Klao felt her heart skip a beat. Oh so now he wanted to get frisky? What was wrong with Matt? He wanted to make out when she was on the phone with her boss, and when her cousin’s four year old was in the room?
“Mrs Reyes, one second please…” She used her palm to cover the speaker. “What?”
“I’ll baby sit!”
Klao looked him up and down. “Absolutely not!” She turned back to the telephone. “Mrs Reyes, if you could give me a couple of hours to try to find someone… Okay… Thank you.”
She clicked her BlackBerry off and sighed deeply. “Damn!”
“Auntie Klao said a bad word!” Caitlin remarked.
Klao did not comment. She reached for the cordless to dial Andie.

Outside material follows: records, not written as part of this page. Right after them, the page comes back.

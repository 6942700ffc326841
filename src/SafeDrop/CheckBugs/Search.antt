-- ===== src/SafeDrop/CheckBugs/Search.antt =====
-- The parts of a search, and what each of them leaves.
use rapx_log.Prelude.{
  ℕ, zero, suc, ◌+◌, ◌≤◌, ◌<◌, ◌≡◌, refl, sym, ◌∙◌, ap, subst, ◌⊎◌, inl, inr, ◌==◌, ==_iff, Bool,
  true, false, Bool-cases, List, [], ◌∷◌, length, contains, Outcome, ok, Within, unseen, unseen-le,
  arith,
}
use mathlib.Core.Bool.{false≢true}
use mathlib.Core.List.{Memᴰ}
use mathlib.Core.List.Memᴰ
use native.Mathlib.Decide.{ℕ_discrete}
use rapx_log.SafeDrop.UnionFind.Roots.{IsForest, Root, union_find-Root, union_is_same-Root}
use rapx_log.SafeDrop.State.{SafeDropGraph}
use rapx_log.SafeDrop.CheckBugs.{Visit, or_visit, visit_new, visit_fields, visit_aliases}
use rapx_log.SafeDrop.CheckBugs.Edges.{Edge, IsTarget}

module _ (g : SafeDropGraph) (dangling : Bool) where
  -- What a search that finds nothing leaves: nothing is forgotten, no new node is a target, and
  -- every step from a new node leads to a node that has been seen.
  pub record Post (r s : List ℕ) : Type 0 where
    pub grows : Within r s
    pub clean : (x : ℕ) → contains s x ≡ true → contains r x ≡ false → ¬ IsTarget g dangling x
    pub closed :
        (x y : ℕ) → contains s x ≡ true → contains r x ≡ false → Edge g x y → contains s y ≡ true

  pub Post-refl : (r : List ℕ) → Post r r
  Post-refl r = record { grows = λ x h. h; clean = λ x h k. cc; closed = λ x y h k. cc }

  pub Post-trans : {r s t : List ℕ} → Post r s → Post s t → Post r t
  Post-trans {r} {s} {t} p q = record {
    grows = λ x h. q.grows x (p.grows x h);
    clean = λ x h k. elim (Bool-cases (contains s x)) [
      | inl old ↦ p.clean x old k
      | inr new ↦ q.clean x h new
    ];
    closed = λ x y h k e. elim (Bool-cases (contains s x)) [
      | inl old ↦ q.grows y (p.closed x y old k e)
      | inr new ↦ q.closed x y h new e
    ];
  }

  -- A search from the set `r` returns: with a hit, or with all that it must see and no target.
  pub data Good (r : List ℕ) (Must : ℕ → Type 0) (Hit : Type 0) (o : Outcome (Bool × List ℕ))
      : Type 0 where
    hit : (s : List ℕ) → o ≡ ok (true, s) → Hit → Good r Must Hit o
    clear :
        (s : List ℕ)
        → o ≡ ok (false, s)
        → Post r s
        → ((x : ℕ) → Must x → contains s x ≡ true)
        → Good r Must Hit o

  pub or_visit-Good :
      {M N : ℕ → Type 0} {H : Type 0} (v w : Visit) (r : List ℕ)
      → Good r M H (v r)
      → ((s : List ℕ) → Post r s → Good s N H (w s))
      → Good r (λ x. M x ⊎ N x) H (or_visit v w r)
  or_visit-Good v w r (hit s e h) next = hit s (rw (e, or_visit)) h
  or_visit-Good v w r (clear s e p m) next = elim (next s p) [
    | hit t f h ↦ hit t (rw (e, or_visit) f) h
    | clear t f q n ↦
        clear t (rw (e, or_visit) f) (Post-trans p q)
          (λ x. elim [ inl a ↦ q.grows x (m x a) | inr b ↦ n x b ])
  ]

  -- A weaker demand.
  Good-map :
      {M N : ℕ → Type 0} {H : Type 0} {r : List ℕ} {o : Outcome (Bool × List ℕ)}
      → ((x : ℕ) → N x → M x)
      → Good r M H o
      → Good r N H o
  Good-map f (hit s e h) = hit s e h
  Good-map f (clear s e p m) = clear s e p (λ x n. m x (f x n))

  -- `rec` is good at each node of `Into` that has not been seen, with this much left to see.
  unfoldable pub Rec : ℕ → (ℕ → Visit) → (ℕ → Type 0) → Type 0 → Type 0
  Rec fuel rec Into H =
      (j : ℕ) (s : List ℕ)
      → Into j
      → j < length g.values
      → contains s j ≡ false
      → unseen (length g.values) s ≤ fuel
      → Good s (λ x. x ≡ j) H (rec j s)

  module _ (fuel : ℕ) (rec : ℕ → Visit) (Into : ℕ → Type 0) (H : Type 0)
      (good : Rec fuel rec Into H) where
    visit_new-Good :
        (j : ℕ) (s : List ℕ)
        → Into j
        → j < length g.values
        → unseen (length g.values) s ≤ fuel
        → Good s (λ x. x ≡ j) H (visit_new rec j s)
    unfolding visit_new Rec
    visit_new-Good j s into lt left = elim (Bool-cases (contains s j)) [
      | inl old ↦ clear s (rw old) (Post-refl s) (λ x e. rw e old)
      | inr new ↦ rw new (good j s into lt new left)
    ]

    pub visit_fields-Good :
        (fs : List (ℕ × ℕ)) (s : List ℕ)
        → ((f : ℕ × ℕ) → Memᴰ f fs → Into f.1 × (f.1 < length g.values))
        → unseen (length g.values) s ≤ fuel
        → Good s (λ x. (idx : ℕ) × Memᴰ (idx, x) fs) H (visit_fields rec fs s)
    unfolding visit_fields
    visit_fields-Good [] s h left =
        clear s refl (Post-refl s) (λ x (idx, m). absurd (Memᴰ.not-nil m))
    visit_fields-Good ((idx, i) ∷ fs) s h left =
        let (into, lt) = h (idx, i) (Memᴰ.head refl) in
        Good-map
          (λ x (k, m). elim (Memᴰ.cases_cons m) [
            | inl e ↦ inl (ap (λ (p : ℕ × ℕ). p.1) e)
            | inr later ↦ inr (k, later)
          ])
          (or_visit-Good (visit_new rec i) (visit_fields rec fs) s (visit_new-Good i s into lt left)
            (λ t p.
              visit_fields-Good fs t (λ f m. h f (Memᴰ.tail m))
                (omega (arith, unseen-le (length g.values) s t p.grows))))

    module _ (a : List ℕ) (node : ℕ) (forest : IsForest a) (size : length a ≡ length g.values)
        (in_range : node < length a) (into : (j r : ℕ) → Root a j r → Root a node r → Into j) where
      -- Of one root with the node.
      abbrev pub Same : ℕ → Type 0
      Same x = (r : ℕ) × Root a x r × Root a node r

      abbrev pub AtOrAfter : ℕ → ℕ → Type 0
      AtOrAfter j x = (j ≤ x) × (x < length a) × Same x

      at_or_after : (j x : ℕ) → AtOrAfter j x → (x ≡ j) ⊎ AtOrAfter (j + 1) x
      at_or_after j x (ge, le, w) = elim (ℕ_discrete x j) [
        | yes e ↦ inl e
        | no ne ↦ inr (omega arith, le, w)
      ]

      Same-self : (j : ℕ) → j ≡ node → Same j
      Same-self j e =
          let (r, _, w) = union_find-Root a forest node in_range in
          (r, subst (λ k. Root a k r) (sym e) w, w)

      pub visit_aliases-Good :
          (left j : ℕ) (s : List ℕ)
          → j + left ≡ length a
          → unseen (length g.values) s ≤ fuel
          → Good s (AtOrAfter j) H (visit_aliases rec a node left j s)
      unfolding visit_aliases
      visit_aliases-Good zero j s total room =
          clear s refl (Post-refl s) (λ x (ge, lt, _). absurd (omega arith))
      visit_aliases-Good (suc left) j s total room =
          let lt : j < length a = omega arith in
          let next : (t : List ℕ)
              → Post s t
              → Good t (AtOrAfter (j + 1)) H (visit_aliases rec a node left (j + 1) t) =
            λ t p.
              visit_aliases-Good left (j + 1) t (omega arith)
                (omega (arith, unseen-le (length g.values) s t p.grows)) in
          let visit : Same j
              → Good s (AtOrAfter j) H
                  (or_visit (visit_new rec j) (visit_aliases rec a node left (j + 1)) s) =
            λ same. Good-map (at_or_after j) (
              or_visit-Good (visit_new rec j) (visit_aliases rec a node left (j + 1)) s
                (visit_new-Good j s (into j same.0 same.1 same.2) (omega arith) room) next) in
          let (b, run, iff) = union_is_same-Root a forest j node lt in_range in
          elim (Bool-cases (j == node)) [
            | inl self ↦ rw self (visit (Same-self j ((==_iff j node).0 self)))
            | inr other ↦ elim (Bool-cases b) [
              | inl same ↦ rw (other, run ∙ ap ok same) (visit (iff.0 same))
              | inr apart ↦
                  rw (other, run ∙ ap ok apart)
                    (Good-map
                      (λ x m. elim (at_or_after j x m) [
                        | inl e ↦ absurd (
                            false≢true (
                              sym apart
                              ∙ iff.1 (m.2.0, subst (λ k. Root a k m.2.0) e m.2.1, m.2.2)))
                        | inr later ↦ later
                      ])
                      (next s (Post-refl s)))
            ]
          ]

Hopefully, she and Nathan were not busy and could keep Caitlin.
“I can stay here with her, Klao!” Matt repeated.
“No!” Klao retorted. Andie’s house phone was ringing without an answer.
“Why not?”
“You don't know how to look after a child!”
“Neither do you, but here you are!” Matt countered.
Klao hung up when Andie’s voice mail picked up. Bianca was at work, so she could not call her. She scrolled through her phone for Jasmine’s number. “I am not leaving Samantha’s child with you. Suppose something happens to her? Samantha would kill me!”
“What is going to happen to her? I am a Minister. I bless babies all the time…”
“I am not a baby!” Caitlin interjected indignantly.
“Suppose something happens to her?” Klao repeated. She could not find Jasmine’s number. Her last alternative was to call her Aunt Janise.
“Listen to me!” Matt took her shoulders. “I am a capable, competent man. I can take care of a four year old, and I promise you, I am not a pedophile. I will play the guitar with her and sing, and I will make her lunch, and if she needs help in the bathroom, I will call Stacey from next door. You go to work, and chill. Everything will be fine.”
Klao looked at him. Of course he was not a pedophile. The thought never crossed her mind. But Caitlin was a handful. She told Matt just that.